- **Data records**
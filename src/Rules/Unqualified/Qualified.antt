-- ===== src/Rules/Unqualified/Qualified.antt =====
-- An expression and what `ResolveUnqualifiedIdentifier` is to make of it.
use datafusion_postgres.Prelude.{
  String, Bool, true, false, Option, none, some, List, [], ◌∷◌, ◌≡◌, refl, sym, ◌∙◌, inl, inr,
  Bool-cases, str_eq,
}
use mathlib.Core.Bool.{true≢false}
use datafusion_postgres.Prelude.Lists.{Any, any_iff}
use datafusion_postgres.Ast.{
  Ident, ident_new, Expr, OptExpr, no_expr, some_expr, OrderBy, no_order, order_expressions,
  other_order, OrderByExprs, no_order_exprs, order_exprs, SelectItems, BinaryOperator,
}
use datafusion_postgres.Ast.Expr.{identifier, compound_identifier, binary_op}
use datafusion_postgres.Rules.Unqualified.{
  contains, get_projection_aliases, rewrite_expr, rewrite_selection, rewrite_order_exprs,
  rewrite_order, resolve,
}

-- One of the names
abbrev pub Named : List String → Ident → Type 0
Named names i = Any (λ n. str_eq n i.text ≡ true) names

contains-Named : (names : List String) (i : Ident) → contains names i.text ≡ true → Named names i
unfolding contains
contains-Named names i h = (any_iff (λ n. str_eq n i.text) names).0 h

free_not-Named : (names : List String) (i : Ident) → contains names i.text ≡ false → ¬ Named names i
unfolding contains
free_not-Named names i h named =
    true≢false (sym ((any_iff (λ n. str_eq n i.text) names).1 named) ∙ h)

module _ {X : Type 0} where
  -- Neither an identifier nor a binary operator
  abbrev pub is_opaque : Expr X → Bool
  is_opaque (identifier _) = false
  is_opaque (binary_op _ _ _) = false
  is_opaque _ = true

  pub data Qualified (wild : String) (tables names : List String) : Expr X → Expr X → Type 0 where
    of_table :
        (i : Ident) → Named tables i → Qualified wild tables names (identifier i) (identifier i)
    of_column :
        (i : Ident) → Named names i → Qualified wild tables names (identifier i) (identifier i)
    bare :
        (i : Ident)
        → ¬ Named tables i
        → ¬ Named names i
        → Qualified wild tables names (identifier i) (compound_identifier (ident_new wild ∷ i ∷ []))
    both :
        (left right new_left new_right : Expr X) (op : BinaryOperator X)
        → Qualified wild tables names left new_left
        → Qualified wild tables names right new_right
        → Qualified wild tables names (binary_op left op right) (binary_op new_left op new_right)
    kept : (expr : Expr X) → is_opaque expr ≡ true → Qualified wild tables names expr expr

  rewrite_expr-Qualified :
      (wild : String) (tables names : List String) (expr : Expr X)
      → Qualified wild tables names expr (rewrite_expr wild tables names expr)
  unfolding rewrite_expr
  rewrite_expr-Qualified wild tables names (identifier i) =
      elim (Bool-cases (contains tables i.text)) [
        | inl is_table ↦ rw is_table (of_table i (contains-Named tables i is_table))
        | inr no_table ↦ elim (Bool-cases (contains names i.text)) [
          | inl is_name ↦ rw (no_table, is_name) (of_column i (contains-Named names i is_name))
          | inr no_name ↦
              rw (no_table, no_name)
                (bare i (free_not-Named tables i no_table) (free_not-Named names i no_name))
        ]
      ]
  rewrite_expr-Qualified wild tables names (binary_op left op right) =
      both left right _ _ op (rewrite_expr-Qualified wild tables names left)
        (rewrite_expr-Qualified wild tables names right)
  rewrite_expr-Qualified wild tables names expr = kept expr refl

  -- Without one wildcard, or without an alias of a table, nothing changes.
  abbrev pub QualifiedBy : List String → Option String → SelectItems X → Expr X → Expr X → Type 0
  QualifiedBy tables none projection expr new = new ≡ expr
  QualifiedBy [] (some wild) projection expr new = new ≡ expr
  QualifiedBy (t ∷ tables) (some wild) projection expr new =
      Qualified wild (t ∷ tables) (get_projection_aliases projection) expr new

  pub resolve-QualifiedBy :
      (tables : List String) (wild : Option String) (projection : SelectItems X) (expr : Expr X)
      → QualifiedBy tables wild projection expr (resolve tables wild projection expr)
  resolve-QualifiedBy tables none projection expr = refl
  resolve-QualifiedBy [] (some wild) projection expr = refl
  resolve-QualifiedBy (t ∷ tables) (some wild) projection expr =
      rewrite_expr-Qualified wild (t ∷ tables) (get_projection_aliases projection) expr

-- The expressions of the WHERE and ORDER BY clauses one by one, and the rest as it was.
module _ {X : Type 0} (P : Expr X → Expr X → Type 0) where
  abbrev pub OfSelection : OptExpr X → OptExpr X → Type 0
  OfSelection no_expr new = new ≡ no_expr
  OfSelection (some_expr expr) new =
      (new_expr : Expr X) × (new ≡ some_expr new_expr) × P expr new_expr

  abbrev OfOrderExprs : OrderByExprs X → OrderByExprs X → Type 0
  OfOrderExprs no_order_exprs new = new ≡ no_order_exprs
  OfOrderExprs (order_exprs expr options rest) new =
      (new_expr : Expr X) × (new_rest : OrderByExprs X) × (new
        ≡ order_exprs new_expr options new_rest)
      × P expr new_expr
      × OfOrderExprs rest new_rest

  abbrev pub OfOrder : OrderBy X → OrderBy X → Type 0
  OfOrder (order_expressions order rest) new =
      (new_order : OrderByExprs X) × (new ≡ order_expressions new_order rest)
      × OfOrderExprs order new_order
  OfOrder order new = new ≡ order

  module _ (f : Expr X → Expr X) (made : (expr : Expr X) → P expr (f expr)) where
    pub selection_made : (filter : OptExpr X) → OfSelection filter (rewrite_selection f filter)
    selection_made no_expr = refl
    selection_made (some_expr expr) = (f expr, refl, made expr)

    order_exprs_made : (order : OrderByExprs X) → OfOrderExprs order (rewrite_order_exprs f order)
    order_exprs_made no_order_exprs = refl
    order_exprs_made (order_exprs expr options rest) =
        (f expr, rewrite_order_exprs f rest, refl, made expr, order_exprs_made rest)

    pub order_made : (order : OrderBy X) → OfOrder order (rewrite_order f order)
    order_made (order_expressions order rest) =
        (rewrite_order_exprs f order, refl, order_exprs_made order)
    order_made no_order = refl
    order_made (other_order x) = refl
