-- ===== src/Rules/Unqualified/Resolved.antt =====
-- What `ResolveUnqualifiedIdentifier` leaves in the WHERE and ORDER BY clauses.
use datafusion_postgres.Prelude.{String, Option, some, List, ◌≡◌}
use datafusion_postgres.Ast.{
  Expr, OptExpr, OrderBy, SelectItems, TableWithJoins, LimitClause, a_select, select, Query,
  a_query,
}
use datafusion_postgres.Rules.Unqualified.{
  get_table_aliases, get_qualified_wildcard_alias, rewrite_unqualified_identifiers,
}
use datafusion_postgres.Rules.Unqualified.Qualified.{QualifiedBy, OfSelection, OfOrder}

module _ {X : Type 0} where
  -- The second query is the first one, but for its WHERE and ORDER BY clauses, whose expressions are
  -- qualified by the only qualified wildcard.
  unfoldable pub IsResolvedQuery : Query X → Query X → Type 0
  IsResolvedQuery (a_query (select (a_select projection from filter rest)) order limit fetch more)
        t =
      (wild : Option String) × (get_qualified_wildcard_alias projection ≡ some wild)
      × (new : OptExpr X) × (new_order : OrderBy X) × (t
          ≡ a_query (select (a_select projection from new rest)) new_order limit fetch more)
      × (OfSelection (QualifiedBy (get_table_aliases from) wild projection) filter new)
      × (OfOrder (QualifiedBy (get_table_aliases from) wild projection) order new_order)
  IsResolvedQuery q t = t ≡ q

  abbrev IsSettled : Query X → Query X → Type 0
  IsSettled q t = ((rewrite_unqualified_identifiers t ≡ some t) × IsResolvedQuery q t)

  module _ (projection : SelectItems X) (from : List (TableWithJoins X)) (rest : X)
      (limit : LimitClause X) (fetch : Option X) (more : X) where
    abbrev of_clauses : OptExpr X → OrderBy X → Query X
    of_clauses filter order =
        a_query (select (a_select projection from filter rest)) order limit fetch more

- **Problem statement**
Every line of the listing that includes the word "cases" must be copied.

- **Task response**
  Bool-cases, str_eq,
      elim (Bool-cases (contains tables i.text)) [
        | inr no_table ↦ elim (Bool-cases (contains names i.text)) [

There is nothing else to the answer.